Application Scenarios

  • Reduce startup latency: By reusing already loaded weights and transferring them directly between NPU cards, Netloader cuts down model loading time versus conventional remote/local pull strategies.
  • Relieve network & storage load: Avoid repeated downloads of weight files from remote repositories, thus reducing pressure on central storage and network traffic.
  • Improve resource utilization & lower cost: Faster loading allows less reliance on standby compute nodes; resources can be scaled up/down more flexibly.
  • Enhance business continuity & high availability: In failure recovery, new instances can quickly take over without long downtime, improving system reliability and user experience.

Usage

To enable Netloader, pass --load-format=netloader and provide configuration via --model-loader-extra-config (as a JSON string). Below are the supported configuration fields:

Field Name Type Description Allowed Values / Notes
SOURCE List Weight data sources. Each item is a map with device_id and sources, specifying the rank and its endpoints (IP:port).
Example: {"SOURCE": [{"device_id": 0, "sources": ["10.170.22.152:19374"]}, {"device_id": 1, "sources": ["10.170.22.152:11228"]}]}
If omitted or empty, fallback to default loader. The SOURCE here is second priority.
A list of objects with keys device_id: int and sources: List[str]
MODEL String The model name, used to verify consistency between client and server. Defaults to the --model argument if not specified.
LISTEN_PORT Integer Base port for the server listener. The actual port = LISTEN_PORT + RANK. If omitted, a random valid port is chosen. Valid range: 102465535. If out of range, that server instance wont open a listener.
INT8_CACHE String Behavior for handling int8 parameters in quantized models. One of ["hbm", "dram", "no"].
- hbm: copy original int8 parameters to high-bandwidth memory (HBM) (may cost a lot of HBM).
- dram: copy to DRAM.
- no: no special handling (may lead to divergence or unpredictable behavior). Default: "no".
INT8_CACHE_NAME List Names of parameters to which INT8_CACHE is applied (i.e. filtering). Default: None (means no filtering—all parameters).
OUTPUT_PREFIX String Prefix for writing per-rank listener address/port files in server mode. If set, each rank writes to {OUTPUT_PREFIX}{RANK}.txt (text), content = IP:Port.
CONFIG_FILE String Path to a JSON file specifying the above configuration. If provided, the SOURCE inside this file has first priority (overrides SOURCE in other configs).
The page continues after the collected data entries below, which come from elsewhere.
-- ===== src/Stripper/Writer.antt =====
-- stripper/stripper.go: stripperWriter and Middleware. The handler behind the middleware is the list
-- of what it does to its response writer. Content types are ASCII: strings.ToLower is taken byte by
-- byte.
pub mod Laws
pub mod Handlers
use mathlib.Core.Option
use peakshield.Prelude.{
  ℕ, Bool, true, false, List, [], ◌∷◌, ◌++◌, Option, none, some, ◌&&◌, map, if◌then◌else◌,
}
use peakshield.Prelude.Int.{ℤ, leb_ℤ}
use peakshield.Prelude.Bytes.{Bytes, bytes, eqb, to_lower}
use peakshield.Http.Header.{Header}
use peakshield.Http.Header
use peakshield.Prelude.Search.{contains}
use peakshield.Http.Writer.{
  ResponseWriter, Op, edit_header, put_status, put_body, apply_all, set_header, write_header, write,
}
use peakshield.Stripper.Html.{strip_html}

pub record StripperWriter : Type 0 where
  pub under : ResponseWriter
  pub buf : Bytes
  pub status : ℕ
  pub header_written : Bool
  pub is_html : Bool
  pub active : Bool

-- strings.Contains(strings.ToLower(contentType), "text/html")
unfoldable pub names_html : Bytes → Bool
unfolding contains to_lower
names_html content_type = contains (map to_lower content_type) (bytes "text/html")

-- WriteHeader
unfoldable pub strip_write_header : ℕ → StripperWriter → StripperWriter
unfolding names_html
strip_write_header code w =
    if w.header_written
    then w
    else if w.active && names_html (Header.get (bytes "Content-Type") w.under.header)
    then record w {
      status = code;
      header_written = true;
      is_html = true;
      under = record (w.under) { header = Header.del (bytes "Content-Length") w.under.header };
    }
    else record w { status = code; header_written = true; under = write_header code w.under }

abbrev pub wrap_writer : ResponseWriter → StripperWriter
wrap_writer w = record {
  under = w;
  buf = [];
  status = 0;
  header_written = false;
  is_html = false;
  active = true;
}

-- what Middleware does when the handler behind it has returned
unfoldable pub finish : StripperWriter → Option ResponseWriter
finish w =
    if w.is_html
    then Option.map (λ out. write out (write_header w.status w.under)) (strip_html w.buf)
    else some w.under

-- `detect` stands for http.DetectContentType.
module _ (detect : Bytes → Bytes) where
  -- what Write does first, if no header was written
  unfoldable pub ensure_header : Bytes → StripperWriter → StripperWriter
  unfolding strip_write_header
  ensure_header b w =
      if w.header_written
      then w
      else strip_write_header 200 (
          if eqb (Header.get (bytes "Content-Type") w.under.header) []
          then record w { under = set_header (bytes "Content-Type") (detect b) w.under }
          else w)

  -- Write
  unfoldable pub strip_write : Bytes → StripperWriter → StripperWriter
  unfolding ensure_header
  strip_write b w =
      let w' = ensure_header b w in
      if w'.is_html then record w' { buf = w'.buf ++ b } else record w' { under = write b w'.under }

  unfoldable pub strip_apply : Op → StripperWriter → StripperWriter
  unfolding strip_write
  strip_apply (edit_header f) w = record w {
    under = record (w.under) { header = f w.under.header };
  }
  strip_apply (put_status status) w = strip_write_header status w
  strip_apply (put_body chunk) w = strip_write chunk w

  unfoldable pub strip_apply_all : List Op → StripperWriter → StripperWriter
  unfolding strip_apply
  strip_apply_all [] w = w
  strip_apply_all (o ∷ os) w = strip_apply_all os (strip_apply o w)

  -- Middleware. `active_reqs` and `strip_threshold` are int64; `next` is given the request's header
  -- and answers with what it does to the writer.
  unfoldable pub middleware :
      ℤ → ℤ → (Header → List Op) → Header → ResponseWriter → Option ResponseWriter
  unfolding apply_all strip_apply_all finish
  middleware active_reqs strip_threshold next request w =
      if leb_ℤ active_reqs strip_threshold
      then some (apply_all (next request) w)
      else finish
          (strip_apply_all (next (Header.del (bytes "Accept-Encoding") request)) (wrap_writer w))
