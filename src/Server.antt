-- ===== src/Server.antt =====
-- main.go: the handlers of the public port, from the rate limiter down to the proxy. The request's
-- way through them depends on the limiter, the waiting room and the backend at that time: a Moment.
pub mod Laws
pub mod Listen
pub mod Stats
pub mod Shutdown
pub mod Start
mod Tests
use peakshield.Prelude.{ℕ, List, Bool, Option, none, some, [], ◌∷◌, ◌++◌, if◌then◌else◌}
use peakshield.Prelude.Int.{ℤ}
use peakshield.Prelude.Bytes.{Bytes, bytes}
use peakshield.Http.Header.{Header}
use peakshield.Http.Writer.{Op, ResponseWriter, set_header, write_header, write}
use peakshield.WaitingRoom.Goroutine.{Reply}
use peakshield.WaitingRoom.WaitPage.{render}
use peakshield.Stripper.Writer.{middleware}
use peakshield.Proxy.Address.{split_host_port}
use peakshield.Proxy.Request.{Url, Request, OutRequest}
use peakshield.Proxy.Serve.{Exchange, serve_http}
use peakshield.Middleware.{chain}

-- What a handler makes of a request and its writer; `none` where it does not return.
abbrev Handler : Type 0
Handler = Request → ResponseWriter → Option ResponseWriter

-- net.SplitHostPort(r.RemoteAddr), or the whole address for an error
unfoldable pub client_ip : Bytes → Bytes
client_ip remote_addr = elim (split_host_port remote_addr) [
  | none ↦ remote_addr
  | some (host, port) ↦ host
]

-- http.Error
unfoldable pub http_error : Bytes → ℕ → ResponseWriter → ResponseWriter
http_error message code w = write (message ++ bytes "\n") (
    write_header code (
      set_header (bytes "X-Content-Type-Options") (bytes "nosniff")
        (set_header (bytes "Content-Type") (bytes "text/plain; charset=utf-8") w)))

-- rlMiddleware, with `allowed` for rl.Allow
unfoldable pub rl_middleware : (Bytes → Bool) → Handler → Handler
unfolding client_ip http_error
rl_middleware allowed next r w =
    if allowed (client_ip r.remote_addr)
    then next r w
    else some (http_error (bytes "429 Too Many Requests") 429 w)

-- The waiting room around a handler, where its goroutine comes to `reply`.
unfoldable pub wr_middleware : (ℤ → ℤ) → Reply → Handler → Handler
unfolding render
wr_middleware estimate reply next r w = render estimate some (next r) reply w

-- cfg and the functions of other packages, as far as the handlers use them
pub record Setup : Type 0 where
  pub target_url : Bytes
  pub target : Url
  pub strip_threshold : ℤ
  pub estimate : ℤ → ℤ  -- wr.estimateWait
  pub reparse : Url → Option Url  -- url.Parse of the URL's text
  pub detect : Bytes → Bytes  -- http.DetectContentType

pub record Moment : Type 0 where
  pub allowed : Bytes → Bool  -- rl.Allow, when the request comes
  pub reply : Reply  -- what the waiting room comes to
  pub active_requests : ℤ  -- wr.ActiveRequests(), when the stripper asks
  pub do_request : OutRequest → Exchange  -- client.Do
  pub client_gone : Bool  -- r.Context().Err() != nil, when client.Do has returned
  pub accepted : ℕ  -- the chunks of the response that the client takes

-- What the proxy does to its writer, by the header of the request that it is given.
abbrev pub proxy_ops : Setup → Moment → Request → Header → List Op
proxy_ops s m r h =
    (serve_http s.reparse s.target_url s.target m.do_request m.client_gone m.accepted
      (record r { header = h })).ops

-- The stripper around the proxy, which the stripper gives a writer of its own.
unfoldable pub stripped_proxy : Setup → Moment → Handler
unfolding middleware
stripped_proxy s m r w =
    middleware s.detect m.active_requests s.strip_threshold (proxy_ops s m r) r.header w

-- proxyHandler. The third middleware of the chain, the stripper, is applied to the proxy directly,
-- since it runs the proxy on a writer of its own type.
unfoldable pub proxy_handler : Setup → Moment → Handler
unfolding chain rl_middleware wr_middleware stripped_proxy
proxy_handler s m =
    chain (stripped_proxy s m) (rl_middleware m.allowed ∷ wr_middleware s.estimate m.reply ∷ [])
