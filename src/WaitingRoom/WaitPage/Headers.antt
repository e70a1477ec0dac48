-- ===== src/WaitingRoom/WaitPage/Headers.antt =====
-- waitingroom/waitingroom.go: what a client reads off the wait page.
use peakshield.Prelude.{◌≡◌, refl, ◌∙◌, false, none, some, ◌++◌}
use peakshield.Prelude.Int.{ℤ, pos}
use peakshield.Prelude.Bytes.{Bytes, bytes, decimal, eqb}
use peakshield.Http.Header
use peakshield.Http.Header.{Header, canonical, get-set_same, get-set_other}
use peakshield.Http.Writer.{ResponseWriter, Sent, set_header, write_header, write}
use peakshield.WaitingRoom.Goroutine.{queue_full_page, timeout_page}
use peakshield.WaitingRoom.WaitPage.{
  WaitMode, mode_queue_full, mode_timeout, page_body, serve_wait_page, set_retry_after, render,
}

-- The response that went out: unavailable for now, to be tried again after `wait` seconds, not to be
-- cached, and marked as a page of the queue.
abbrev pub IsWaitPage : Bytes → Bytes → ResponseWriter → Type 0
IsWaitPage wait page w =
    (s : Sent) × (w.sent ≡ some s)
    × (s.status ≡ 503)
    × (Header.get (bytes "Retry-After") s.headers ≡ wait)
    × (Header.get (bytes "Cache-Control") s.headers
        ≡ bytes "no-store, no-cache, must-revalidate, max-age=0")
    × (Header.get (bytes "X-PeakShield-Queue") s.headers ≡ bytes "1")
    × (w.body ≡ page)

skip :
    (name other : Bytes) (v : Bytes) (h : Header) {x : Bytes}
    → eqb (canonical name) (canonical other) ≡ false
    → Header.get other h ≡ x
    → Header.get other (Header.set name v h) ≡ x
skip name other v h ne e = get-set_other name other v h ne ∙ e

-- The headers that serveWaitPage sets.
page_headers : Header → Header
page_headers h = Header.set (bytes "X-Robots-Tag") (bytes "noindex, nofollow") (
    Header.set (bytes "X-PeakShield-Queue") (bytes "1") (
      Header.set (bytes "Pragma") (bytes "no-cache") (
        Header.set (bytes "Cache-Control") (bytes "no-store, no-cache, must-revalidate, max-age=0")
          (Header.set (bytes "Content-Type") (bytes "text/html; charset=utf-8") h))))

page_headers-retry :
    (v : Bytes) (h : Header)
    → Header.get (bytes "Retry-After") (page_headers (Header.set (bytes "Retry-After") v h)) ≡ v
unfolding page_headers canonical
page_headers-retry v h =
    let name = bytes "Retry-After" in
    skip (bytes "X-Robots-Tag") name _ _ refl (
      skip (bytes "X-PeakShield-Queue") name _ _ refl (
        skip (bytes "Pragma") name _ _ refl (
          skip (bytes "Cache-Control") name _ _ refl
            (skip (bytes "Content-Type") name _ _ refl (get-set_same name v h)))))

page_headers-cache :
    (h : Header)
    → Header.get (bytes "Cache-Control") (page_headers h)
      ≡ bytes "no-store, no-cache, must-revalidate, max-age=0"
unfolding page_headers canonical
page_headers-cache h =
    let name = bytes "Cache-Control" in
    skip (bytes "X-Robots-Tag") name _ _ refl (
      skip (bytes "X-PeakShield-Queue") name _ _ refl
        (skip (bytes "Pragma") name _ _ refl (get-set_same name _ _)))

page_headers-queue :
    (h : Header) → Header.get (bytes "X-PeakShield-Queue") (page_headers h) ≡ bytes "1"
unfolding page_headers canonical
page_headers-queue h =
    let name = bytes "X-PeakShield-Queue" in
    skip (bytes "X-Robots-Tag") name _ _ refl (get-set_same name _ _)

module _ (estimate : ℤ → ℤ) where
  serve-IsWaitPage :
      (w : ResponseWriter) (position at : ℤ) (mode : WaitMode)
      → w.sent ≡ none
      → IsWaitPage
          (decimal (estimate position))
          (w.body ++ page_body estimate mode at)
          (serve_wait_page estimate (set_retry_after estimate position w) at mode)
  unfolding serve_wait_page set_retry_after set_header write write_header page_headers
  serve-IsWaitPage w position at mode fresh =
      let wait = decimal (estimate position) in
      let before = Header.set (bytes "Retry-After") wait w.header in
      rw fresh (
        record { status = 503; headers = page_headers before },
        refl,
        refl,
        page_headers-retry wait w.header,
        page_headers-cache before,
        page_headers-queue before,
        refl,
      )

  -- A request that finds the queue full gets the page of a full queue, and a request whose wait times
  -- out the page of its position: with status 503, with the headers against caching, and with the
  -- estimate for its position in Retry-After; the handler behind is not called.
  pub wait_page_lem {ℓ} :
      {A : Type ℓ} (served next : ResponseWriter → A) (position : ℤ) (w : ResponseWriter)
      → w.sent ≡ none
      → ((full : ResponseWriter) × (render estimate served next (queue_full_page position) w
            ≡ served full)
          × IsWaitPage
              (decimal (estimate position))
              (w.body ++ page_body estimate mode_queue_full (pos 0))
              full)
        × ((late : ResponseWriter) × (render estimate served next (timeout_page position) w
              ≡ served late)
            × IsWaitPage
                (decimal (estimate position))
                (w.body ++ page_body estimate mode_timeout position)
                late)
  unfolding render
  wait_page_lem served next position w fresh = (
    (
      serve_wait_page estimate (set_retry_after estimate position w) (pos 0) mode_queue_full,
      refl,
      serve-IsWaitPage w position (pos 0) mode_queue_full fresh,
    ),
    (
      serve_wait_page estimate (set_retry_after estimate position w) position mode_timeout,
      refl,
      serve-IsWaitPage w position position mode_timeout fresh,
    ),
  )
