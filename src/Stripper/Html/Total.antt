-- ===== src/Stripper/Html/Total.antt =====
-- stripper/stripper.go: the loop of stripHTML ends.
use mathlib.Core.Option
use peakshield.Prelude.{
  ℕ, zero, suc, ◌<◌, ◌≡◌, refl, ◌∙◌, Bool, true, false, [], ◌∷◌, ◌++◌, none, some, length, take,
  drop, length-drop, arith, Option-cases, inl, inr,
}
use peakshield.Prelude.Bytes.{Bytes}
use peakshield.Prelude.Search.{index_byte, index_byte-lt}
use peakshield.Stripper.Html.{Piece, tag_piece, strip_from, strip_html}

-- Each round advances.
pub tag_piece-skip : (injected : Bool) (rest : Bytes) → 0 < (tag_piece injected rest).skip
unfolding tag_piece
tag_piece-skip true rest = ground arith
tag_piece-skip false rest = ground arith

-- A round without a `<`.
pub strip_from_text :
    (fuel : ℕ) (injected : Bool) (input : Bytes)
    → index_byte b'<' input ≡ none
    → strip_from (suc fuel) injected input ≡ some input
unfolding strip_from
strip_from_text fuel injected [] h = refl
strip_from_text fuel injected (c ∷ input) h = rw (h, strip_from)

-- What is left after a round that meets a `<` at `start`.
abbrev pub piece_at : Bool → Bytes → ℕ → Piece
piece_at injected input start = tag_piece injected (drop start input)

abbrev pub left_at : Bool → Bytes → ℕ → Bytes
left_at injected input start = drop (piece_at injected input start).skip (drop start input)

-- A round with a `<`.
pub strip_from_tag :
    (fuel : ℕ) (injected : Bool) (input : Bytes) (start : ℕ)
    → index_byte b'<' input ≡ some start
    → strip_from (suc fuel) injected input
      ≡ Option.map
          (λ out. take start input ++ (piece_at injected input start).out ++ out)
          (strip_from fuel (piece_at injected input start).injected (left_at injected input start))
unfolding strip_from
strip_from_tag fuel injected [] start h = unfold index_byte in cc
strip_from_tag fuel injected (c ∷ input) start h = rw (h, strip_from)

pub left_at-lt :
    (injected : Bool) (input : Bytes) (start : ℕ)
    → index_byte b'<' input ≡ some start
    → length (left_at injected input start) < length input
left_at-lt injected input start h = omega (
  arith,
  index_byte-lt b'<' input start h,
  tag_piece-skip injected (drop start input),
  length-drop (piece_at injected input start).skip (drop start input),
  length-drop start input,
)

strip_from_total :
    (fuel : ℕ) (injected : Bool) (input : Bytes)
    → length input < fuel
    → (out : Bytes) × (strip_from fuel injected input ≡ some out)
strip_from_total zero injected input h = absurd (omega arith)
strip_from_total (suc fuel) injected input h = elim (Option-cases (index_byte b'<' input)) [
  | inl text ↦ (input, strip_from_text fuel injected input text)
  | inr (start, at) ↦
      let (out, more) =
        strip_from_total fuel (piece_at injected input start).injected
          (left_at injected input start) (omega (arith, left_at-lt injected input start at)) in
      (
        take start input ++ (piece_at injected input start).out ++ out,
        strip_from_tag fuel injected input start at ∙ rw more,
      )
]

-- stripHTML ends on every input: it makes at most as many rounds as there are bytes.
pub strip_html_total : (input : Bytes) → (out : Bytes) × (strip_html input ≡ some out)
unfolding strip_html
strip_html_total input = strip_from_total (suc (length input)) false input (omega arith)
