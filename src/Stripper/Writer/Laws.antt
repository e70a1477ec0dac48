-- ===== src/Stripper/Writer/Laws.antt =====
-- stripper/stripper.go: what the client receives through the stripper.
use mathlib.Core.Option
use peakshield.Prelude.{
  ℕ, ◌≡◌, refl, sym, ◌∙◌, ap, Bool, true, false, List, [], ◌∷◌, ◌++◌, some, append_assoc,
  append-nil, Bool-cases, inl, inr,
}
use peakshield.Prelude.Int.{ℤ, leb_ℤ}
use peakshield.Prelude.Bytes.{Bytes, bytes}
use peakshield.Http.Header.{Header}
use peakshield.Http.Header
use peakshield.Http.Writer.{
  ResponseWriter, Op, put_status, apply_all, apply_all-edits, edits, writes, joined, response,
  edited, write_header, write,
}
use peakshield.Stripper.Html.{strip_html}
use peakshield.Stripper.Html.Total.{strip_html_total}
use peakshield.Stripper.Writer.{
  StripperWriter, names_html, strip_write_header, strip_write, strip_apply_all, wrap_writer, finish,
  middleware,
}

finish_html :
    (under : ResponseWriter) (buf : Bytes) (status : ℕ) (header_written active : Bool) (out : Bytes)
    → strip_html buf ≡ some out
    → finish record {
      under = under;
      buf = buf;
      status = status;
      header_written = header_written;
      is_html = true;
      active = active;
    }
      ≡ some (write out (write_header status under))
unfolding finish
finish_html under buf status header_written active out e =
    ap (Option.map (λ out. write out (write_header status under))) e

finish_total : (w : StripperWriter) → (out : ResponseWriter) × (finish w ≡ some out)
unfolding finish
finish_total w = elim (Bool-cases w.is_html) [
  | inl html ↦
      let (out, e) = strip_html_total w.buf in
      (write out (write_header w.status w.under), rw (html, e) refl)
  | inr other ↦ (w.under, rw other refl)
]

-- The writer when the handler has edited its headers.
abbrev pub prepared : List (Header → Header) → ResponseWriter → ResponseWriter
prepared hs w = record w { header = edited hs w.header }

abbrev pub without_length : ResponseWriter → ResponseWriter
without_length w = record w { header = Header.del (bytes "Content-Length") w.header }

module _ (detect : Bytes → Bytes) where
  pub write_html :
      (b : Bytes) (w : StripperWriter)
      → w.header_written ≡ true
      → w.is_html ≡ true
      → strip_write detect b w ≡ record w { buf = w.buf ++ b }
  unfolding strip_write
  write_html b w h k = rw (h, k)

  pub write_other :
      (b : Bytes) (w : StripperWriter)
      → w.header_written ≡ true
      → w.is_html ≡ false
      → strip_write detect b w ≡ record w { under = write b w.under }
  unfolding strip_write
  write_other b w h k = rw (h, k)

  -- Once the header is written, an HTML body is only collected.
  html_writes :
      (bs : List Bytes) (w : StripperWriter)
      → w.header_written ≡ true
      → w.is_html ≡ true
      → strip_apply_all detect (writes bs) w ≡ record w { buf = w.buf ++ joined bs }
  unfolding strip_apply_all
  html_writes [] w h k = ap (λ b. record w { buf = b }) (sym (append-nil w.buf))
  html_writes (b ∷ bs) w h k =
      ap (strip_apply_all detect (writes bs)) (write_html b w h k)
      ∙ html_writes bs (record w { buf = w.buf ++ b }) h k
      ∙ ap (λ x. record w { buf = x }) (append_assoc w.buf b (joined bs))

  -- Any other body goes straight through.
  other_writes :
      (bs : List Bytes) (w : StripperWriter)
      → w.header_written ≡ true
      → w.is_html ≡ false
      → strip_apply_all detect (writes bs) w ≡ record w { under = apply_all (writes bs) w.under }
  unfolding strip_apply_all apply_all
  other_writes [] w h k = refl
  other_writes (b ∷ bs) w h k =
      ap (strip_apply_all detect (writes bs)) (write_other b w h k)
      ∙ other_writes bs (record w { under = write b w.under }) h k

  -- Headers pass to the writer below, and then the rest of the handler goes on.
  header_edits :
      (hs : List (Header → Header)) (os : List Op) (w : StripperWriter)
      → strip_apply_all detect (edits hs ++ os) w
        ≡ strip_apply_all detect os (record w { under = prepared hs w.under })
  unfolding strip_apply_all apply_all
  header_edits [] os w = refl
  header_edits (f ∷ hs) os w =
      header_edits hs os (record w { under = record (w.under) { header = f w.under.header } })

  pub header_html :
      (status : ℕ) (w : ResponseWriter)
      → names_html (Header.get (bytes "Content-Type") w.header) ≡ true
      → strip_write_header status (wrap_writer w) ≡ record (wrap_writer w) {
        under = without_length w;
        status = status;
        header_written = true;
        is_html = true;
      }
  unfolding strip_write_header
  header_html status w html = rw html

  pub header_other :
      (status : ℕ) (w : ResponseWriter)
      → names_html (Header.get (bytes "Content-Type") w.header) ≡ false
      → strip_write_header status (wrap_writer w) ≡ record (wrap_writer w) {
        under = write_header status w;
        status = status;
        header_written = true;
      }
  unfolding strip_write_header
  header_other status w other = rw other

  -- What the wrapped writer holds when the handler is done, for HTML.
  response_html :
      (hs : List (Header → Header)) (status : ℕ) (bs : List Bytes) (w : ResponseWriter)
      → names_html (Header.get (bytes "Content-Type") (prepared hs w).header) ≡ true
      → strip_apply_all detect (response hs status bs) (wrap_writer w) ≡ record (wrap_writer w) {
        under = without_length (prepared hs w);
        buf = joined bs;
        status = status;
        header_written = true;
        is_html = true;
      }
  unfolding strip_apply_all
  response_html hs status bs w html =
      header_edits hs (put_status status ∷ writes bs) (wrap_writer w)
      ∙ ap (strip_apply_all detect (writes bs)) (header_html status (prepared hs w) html)
      ∙ html_writes bs _ refl refl

  -- And for anything else.
  response_other :
      (hs : List (Header → Header)) (status : ℕ) (bs : List Bytes) (w : ResponseWriter)
      → names_html (Header.get (bytes "Content-Type") (prepared hs w).header) ≡ false
      → strip_apply_all detect (response hs status bs) (wrap_writer w) ≡ record (wrap_writer w) {
        under = apply_all (response hs status bs) w;
        status = status;
        header_written = true;
      }
  unfolding strip_apply_all apply_all
  response_other hs status bs w other =
      header_edits hs (put_status status ∷ writes bs) (wrap_writer w)
      ∙ ap (strip_apply_all detect (writes bs)) (header_other status (prepared hs w) other)
      ∙ other_writes bs _ refl refl
      ∙ ap (λ x. record (wrap_writer w) { under = x; status = status; header_written = true })
          (sym (apply_all-edits hs (put_status status ∷ writes bs) w))

  -- Above the threshold the HTML response of a handler that sets headers, sends a status and writes
  -- chunks reaches the client with the handler's status, with its headers but for Content-Length,
  -- and with the stripped body, of all chunks together.
  pub html_stripped :
      (active threshold : ℤ) (next : Header → List Op) (request : Header) (w : ResponseWriter)
      (hs : List (Header → Header)) (status : ℕ) (bs : List Bytes)
      → leb_ℤ active threshold ≡ false
      → next (Header.del (bytes "Accept-Encoding") request) ≡ response hs status bs
      → names_html (Header.get (bytes "Content-Type") (prepared hs w).header) ≡ true
      → (out : Bytes) × (strip_html (joined bs) ≡ some out)
        × (middleware detect active threshold next request w
            ≡ some (write out (write_header status (without_length (prepared hs w)))))
  unfolding middleware finish
  html_stripped active threshold next request w hs status bs busy answers html =
      let (out, stripped) = strip_html_total (joined bs) in
      (
        out,
        stripped,
        rw (busy, answers, response_html hs status bs w html)
            (finish_html (without_length (prepared hs w)) (joined bs) status true true out
              stripped),
      )

  -- Above the threshold any other response of such a handler reaches the client as if the stripper
  -- were not there, but for Accept-Encoding.
  other_untouched :
      (active threshold : ℤ) (next : Header → List Op) (request : Header) (w : ResponseWriter)
      (hs : List (Header → Header)) (status : ℕ) (bs : List Bytes)
      → leb_ℤ active threshold ≡ false
      → next (Header.del (bytes "Accept-Encoding") request) ≡ response hs status bs
      → names_html (Header.get (bytes "Content-Type") (prepared hs w).header) ≡ false
      → middleware detect active threshold next request w
        ≡ some (apply_all (next (Header.del (bytes "Accept-Encoding") request)) w)
  unfolding middleware finish
  other_untouched active threshold next request w hs status bs busy answers other =
      rw (busy, answers, response_other hs status bs w other) refl

  -- The middleware returns for every handler, load and writer.
  pub middleware_total :
      (active threshold : ℤ) (next : Header → List Op) (request : Header) (w : ResponseWriter)
      → (out : ResponseWriter) × (middleware detect active threshold next request w ≡ some out)
  unfolding middleware
  middleware_total active threshold next request w = elim (Bool-cases (leb_ℤ active threshold)) [
    | inl calm ↦ (apply_all (next request) w, rw calm refl)
    | inr busy ↦
        let (out, e) = finish_total (
          strip_apply_all detect (next (Header.del (bytes "Accept-Encoding") request))
            (wrap_writer w)) in
        (out, rw busy e)
  ]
Example Commands & Placeholders

Replace parts in `<...>` before running.

Server

VLLM_SLEEP_WHEN_IDLE=1 vllm serve <model_file> \
  --tensor-parallel-size 1 \
  --served-model-name <model_name> \
  --enforce-eager \
  --port <port> \
  --load-format netloader

Client

export NETLOADER_CONFIG='{"SOURCE":[{"device_id":0, "sources": ["<server_IP>:<server_Port>"]}]}'

VLLM_SLEEP_WHEN_IDLE=1 ASCEND_RT_VISIBLE_DEVICES=<device_id_diff_from_server> \
  vllm serve <model_file> \
  --tensor-parallel-size 1 \
  --served-model-name <model_name> \
  --enforce-eager \
  --port <client_port> \
  --load-format netloader \
  --model-loader-extra-config="${NETLOADER_CONFIG}"

Placeholder Descriptions

  • <model_file>: Path to the model file
  • <model_name>: Model name (must match between server & client)
  • <port>: Base listening port on server
  • <server_IP> + <server_Port>: IP and port of the Netloader server (from server log)
  • <device_id_diff_from_server>: Client device ID (must differ from servers)
  • <client_port>: Port on which client listens

After startup, you can test consistency by issuing inference requests with temperature = 0 and comparing outputs.


Note & Caveats

  • If Netloader is used, each worker process must bind a listening port. That port may be user-specified or assigned randomly. If user-specified, ensure it is available.
  • Netloader requires extra on-chip memory memory to establish HCCL connections (i.e. HCCL_BUFFERSIZE, default ~200 MB). Users should reserve sufficient capacity (e.g. via --gpu-memory-utilization).
  • It is recommended to set VLLM_SLEEP_WHEN_IDLE=1 to mitigate unstable or slow connections/transmissions. Related info: vLLM Issue #16660, vLLM PR #16226.